I didn’t even know what was inside the package, but I already knew that this was a transparent troll—a marketing ploy. They send out a book to a bunch of conservative evangelical men, and then they put a label on the outside of the package with an ugly insinuation about conservative evangelical men. The publisher wasn’t merely trying to get me to read the book. They were trying to provoke me.

I’m sure the author had nothing to do with the marketing gimmick, but my first inclination was to ignore the book. I didn’t even know what the book was, but I knew I didn’t want to respond to the troll. In fact, I was disinclined even to read the book. It felt like dirty pool, and I didn’t want any part of it. I didn’t read the book. I glanced through it, and then set it aside.

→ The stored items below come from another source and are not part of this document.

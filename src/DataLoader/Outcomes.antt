-- ===== src/DataLoader/Outcomes.antt =====
-- `applyChanges` of dataLoader.ts: what it has done when it returns, and when it refuses.
use grants_stack_indexer_v.Prelude.{
  ◌≡◌, refl, sym, ◌∙◌, String, Option, none, some, List, [], ◌∷◌, ◌++◌,
}
use grants_stack_indexer_v.Effects.{invalid_changeset, Outcome, ok, err, continue_with}
use grants_stack_indexer_v.Changesets.{Entities, Changeset, changeset_type}
use grants_stack_indexer_v.Repositories.{Write, Repositories, TransactionManager}
use grants_stack_indexer_v.DataLoader.{
  handler, invalid_types, apply_in_order, run_or_refuse, apply_changes,
}
use grants_stack_indexer_v.DataLoader.Order.{Applied, Progress, apply_in_order-Progress}
use grants_stack_indexer_v.DataLoader.Atomic.{finish, IsTransactional}

module _ {ℓ} {E : Entities} {S Tx : Type ℓ} (r : Repositories E S Tx) where
  invalid_ne :
      (before : List (Changeset E)) (c : Changeset E) (later : List (Changeset E))
      → handler r c ≡ none
      → (type : String) × (types : List String) × (invalid_types r (before ++ (c ∷ later))
          ≡ type ∷ types)
  unfolding invalid_types
  invalid_ne [] c later missing =
      (changeset_type c, invalid_types r later, rw (missing, invalid_types) refl)
  invalid_ne (b ∷ before) c later missing =
      by_handler (handler r b) refl (invalid_ne before c later missing)
    where
      by_handler :
          (o : Option (Write S Tx))
          → handler r b ≡ o
          → (type : String) × (types : List String) × (invalid_types r (before ++ (c ∷ later))
              ≡ type ∷ types)
          → (type : String) × (types : List String) × (invalid_types r (b ∷ (before ++ (c ∷ later)))
              ≡ type ∷ types)
      by_handler none h others =
          (changeset_type b, invalid_types r (before ++ (c ∷ later)), rw (h, invalid_types) refl)
      by_handler (some w) h (type, types, e) = (type, types, rw (h, invalid_types) e)

  -- If a changeset has no handler, `applyChanges` throws the types of all that have none, and touches
  -- nothing, wherever in the sequence it stands.
  apply_changes_invalid :
      (manager : TransactionManager S Tx) (before : List (Changeset E)) (c : Changeset E)
      (later : List (Changeset E)) (s : S)
      → handler r c ≡ none
      → apply_changes r manager (before ++ (c ∷ later)) s
        ≡ (err (invalid_changeset (invalid_types r (before ++ (c ∷ later)))), s)
  unfolding apply_changes run_or_refuse
  apply_changes_invalid manager before c later s missing =
      let (type, types, e) = invalid_ne before c later missing in rw (e, run_or_refuse) refl

  module _ {D : Type ℓ} (stored : S → D) (manager : TransactionManager S Tx)
      (laws : IsTransactional stored manager) where
    -- a transaction began, all the changesets succeeded in it, in order, and it was committed
    pub record Committed (cs : List (Changeset E)) (s u : S) : Type ℓ where
      pub tx : Tx
      pub begun : S
      pub changed : S
      pub began : laws.begin s ≡ (ok tx, begun)
      pub applied : Applied r tx cs begun changed
      pub committed : laws.commit tx changed ≡ (ok tt, u)

    Committed-after :
        (cs : List (Changeset E)) (s u begun : S) (tx : Tx) (o : Outcome (Unit {0}) × S)
        → laws.begin s ≡ (ok tx, begun)
        → Progress r tx cs begun o
        → finish laws.commit laws.rollback tx o ≡ (ok tt, u)
        → Committed cs s u
    unfolding Progress
    Committed-after cs s u begun tx (ok _, t) began applied h = record {
      tx = tx;
      begun = begun;
      changed = t;
      began = began;
      applied = applied;
      committed = h;
    }
    Committed-after cs s u begun tx (err e, t) began stopped h = cc (h)

    begun_Committed :
        (cs : List (Changeset E)) (s u : S) (o : Outcome Tx × S)
        → laws.begin s ≡ o
        → continue_with (λ tx t. finish laws.commit laws.rollback tx (apply_in_order r cs tx t)) o
          ≡ (ok tt, u)
        → Committed cs s u
    begun_Committed cs s u (err e, t) began h = cc (h)
    begun_Committed cs s u (ok tx, t) began h =
        Committed-after cs s u t tx _ began (apply_in_order-Progress r tx cs t) h

    run_Committed :
        (cs : List (Changeset E)) (types : List String) (s u : S)
        → run_or_refuse r manager cs types s ≡ (ok tt, u)
        → Committed cs s u
    unfolding run_or_refuse
    run_Committed cs (type ∷ types) s u h = cc (h)
    run_Committed cs [] s u h = begun_Committed cs s u (laws.begin s) refl (sym (laws.runs _ s) ∙ h)

    -- If `applyChanges` returns, a transaction began in which every changeset was applied, in the order
    -- given, and it was committed, given that transactions do what is documented.
    pub apply_changes-Committed :
        (cs : List (Changeset E)) (s u : S)
        → apply_changes r manager cs s ≡ (ok tt, u)
        → Committed cs s u
    unfolding apply_changes
    apply_changes-Committed cs s u h = run_Committed cs (invalid_types r cs) s u h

Since then, I’ve read some reviews, but I still haven’t read the book. And I don’t plan to. I’ve been getting similar trolls from different folks on the internet. Clearly, people are trying to provoke a response.

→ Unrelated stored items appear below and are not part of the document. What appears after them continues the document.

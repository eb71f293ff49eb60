-- ===== src/DataLoader/Sample.antt =====
-- A small database to run the loader on: each row is a number, in the transaction or outside.
use grants_stack_indexer_v.Prelude.{ℕ, zero, suc, ◌≡◌, refl, Option, none, some, List, [], ◌∷◌}
use grants_stack_indexer_v.Effects.{Error, native_error, Outcome, ok, err, Action}
use grants_stack_indexer_v.Changesets.{Entities}
use grants_stack_indexer_v.Repositories.{
  Write, EventRegistryRepository, ProcessedEvent, Repositories, TransactionManager,
}
use grants_stack_indexer_v.DataLoader.Atomic.{finish, IsTransactional}

abbrev pub entities : Entities
entities = record {
  Project = ℕ;
  PartialProject = ℕ;
  ProjectRole = ℕ;
  PendingProjectRole = ℕ;
  Round = ℕ;
  PartialRound = ℕ;
  RoundRole = ℕ;
  PendingRoundRole = ℕ;
  Application = ℕ;
  PartialApplication = ℕ;
  Donation = ℕ;
  ApplicationPayout = ℕ;
  Attestation = ℕ;
  AttestationTxn = ℕ;
  LegacyProject = ℕ;
  RawEvent = ℕ;
}

-- `pending` is what the open transaction has written, newest first
pub record World : Type 0 where
  pub stored : List ℕ
  pub pending : List ℕ
  pub pointer : Option (ProcessedEvent entities)

abbrev pub start : World
start = record { stored = []; pending = []; pointer = none }

-- the row 0 cannot be written
abbrev pub write : ℕ → Write World (Unit {0})
write zero _ s = (err (native_error "constraint"), s)
write (suc n) none s = (ok tt, record s { stored = suc n ∷ s.stored })
write (suc n) (some _) s = (ok tt, record s { pending = suc n ∷ s.pending })

-- a call without a connection is stored at once; with one it is made in the transaction
abbrev pub event_table : EventRegistryRepository entities World (Unit {0})
event_table = record {
  get_last_processed_event = λ chain_id s. (ok s.pointer, s);
  save_last_processed_event = λ chain_id event _ s.
      (ok tt, record s { pointer = some (record { chain_id = chain_id; event = event }) });
}

abbrev pub tables : Repositories entities World (Unit {0})
tables = record {
  project = record {
    insert_project = write;
    update_project = λ i c p. write p;
    insert_project_role = write;
    delete_many_project_roles = λ c i r a. write 3;
    insert_pending_project_role = write;
    delete_many_pending_project_roles = λ ids. write 2;
  };
  round = record {
    insert_round = write;
    update_round = λ k p. write p;
    increment_round_funds = λ c i a u. write a;
    increment_round_donation_stats = λ c i u. write 4;
    increment_round_total_distributed = λ c i a. write a;
    insert_round_role = write;
    delete_many_round_roles_by_role_and_address = λ c i r a. write 5;
    insert_pending_round_role = write;
    delete_many_pending_round_roles = λ ids. write 2;
  };
  application = record {
    insert_application = write;
    update_application = λ i c n p. write p;
    increment_application_donation_stats = λ i c n u. write 6;
  };
  donation = record { insert_donation = write; insert_many_donations = λ ds. write 2 };
  insert_application_payout = write;
  event_registry = event_table;
  insert_attestation = λ a ts. write a;
  insert_legacy_project = write;
}

-- the commit is refused if the newest row is 1
abbrev pub commit_rows : List ℕ → World → Outcome (Unit {0}) × World
commit_rows (suc zero ∷ rows) s = (err (native_error "commit"), s)
commit_rows rows s = (ok tt, record s { stored = s.pending })

abbrev pub commit : Unit {0} → Action World (Unit {0})
commit _ s = commit_rows s.pending s

abbrev pub rollback : Unit {0} → World → World
rollback _ s = record s { pending = [] }

abbrev pub begin : Action World (Unit {0})
begin s = (ok tt, record s { pending = s.stored })

abbrev pub manager : TransactionManager World (Unit {0})
manager = record { run_in_transaction = λ f s. finish commit rollback tt (f tt (begin s).1) }

pub commit_rows_keep :
    (rows : List ℕ) (s : World) (e : Error)
    → (commit_rows rows s).0 ≡ err e
    → (commit_rows rows s).1.stored ≡ s.stored
commit_rows_keep [] s e h = cc (h)
commit_rows_keep (zero ∷ rows) s e h = cc (h)
commit_rows_keep (suc zero ∷ rows) s e h = refl
commit_rows_keep (suc (suc n) ∷ rows) s e h = cc (h)

abbrev pub laws : IsTransactional (λ (s : World). s.stored) manager
laws = record {
  begin = begin;
  commit = commit;
  rollback = rollback;
  runs = λ f s. refl;
  begin_keeps = λ s. refl;
  rollback_keeps = λ tx s. refl;
  commit_keeps = λ tx s e h. commit_rows_keep s.pending s e h;
}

Today confirmed that I wasn’t the only one to receive the unpleasant mailer. Tony Reinke tweeted a picture of what he received in the mail, and it looked just like mine.

I am very grateful to see that Melissa Kruger has written a very fine review of the book for The Gospel Coalition. As it turns out, the book narrates a very painful story, but it also draws some unwarranted conclusions from that story. I still have no plans to review this book myself. I think Kruger now has the definitive review, and you can read it here.

UPDATE: I would be remiss if I failed to mention Tim Challies’s excellent review as well. It highlights many of the same weaknesses that Kruger identifies and is very well done.

UPDATE #2: It has come to my attention that this book repeats a false allegation against one of my colleagues (see page 48). The author’s source for the false allegation is two liberal websites that distorted a sermon that my colleague preached back in 2008. Thankfully, the false accusations are easily refuted because the sermon is available online for anyone to listen to. For my refutation of the false allegation, read here. I am really disappointed that the author of this book would repeat a claim that bears false witness against a brother (Exodus 20:16).


  • Bruce Symons

    Sorry, I meant comments on Kruger’s and McKnight’s blogs. Challies allows comments only through Facebook etc.

  • Christiane Smith

    very important for Christians to keep their focus on Our Lord . . . and to avoid sending out signals that might attract the wrong kind of people

    there are extremes seen among cults, and when the public views these extremes, there is trouble for a denomination when the public extrapolates the behaviors present in certain cults as also present in certain denominations

    I think that is what has happened in some cases, yes. But highly visual behaviors of some Christian people have given the public cause for concern and in my own Church, we call these behaviors the sin of ‘scandal’ . . . what follows is unfair, often misunderstood, and messy, but sometimes works for the good when hypocrisy is exposed among certain ‘leaders’ who have gotten into trouble and tried to deal with it in the wrong ways.

    The ‘troll’ ? Was he or she given any evident scandal to focus on?
    And if so, what can be learned from how this happened and how it can be made right in the light of Christ for His sake and the sake of the whole Church.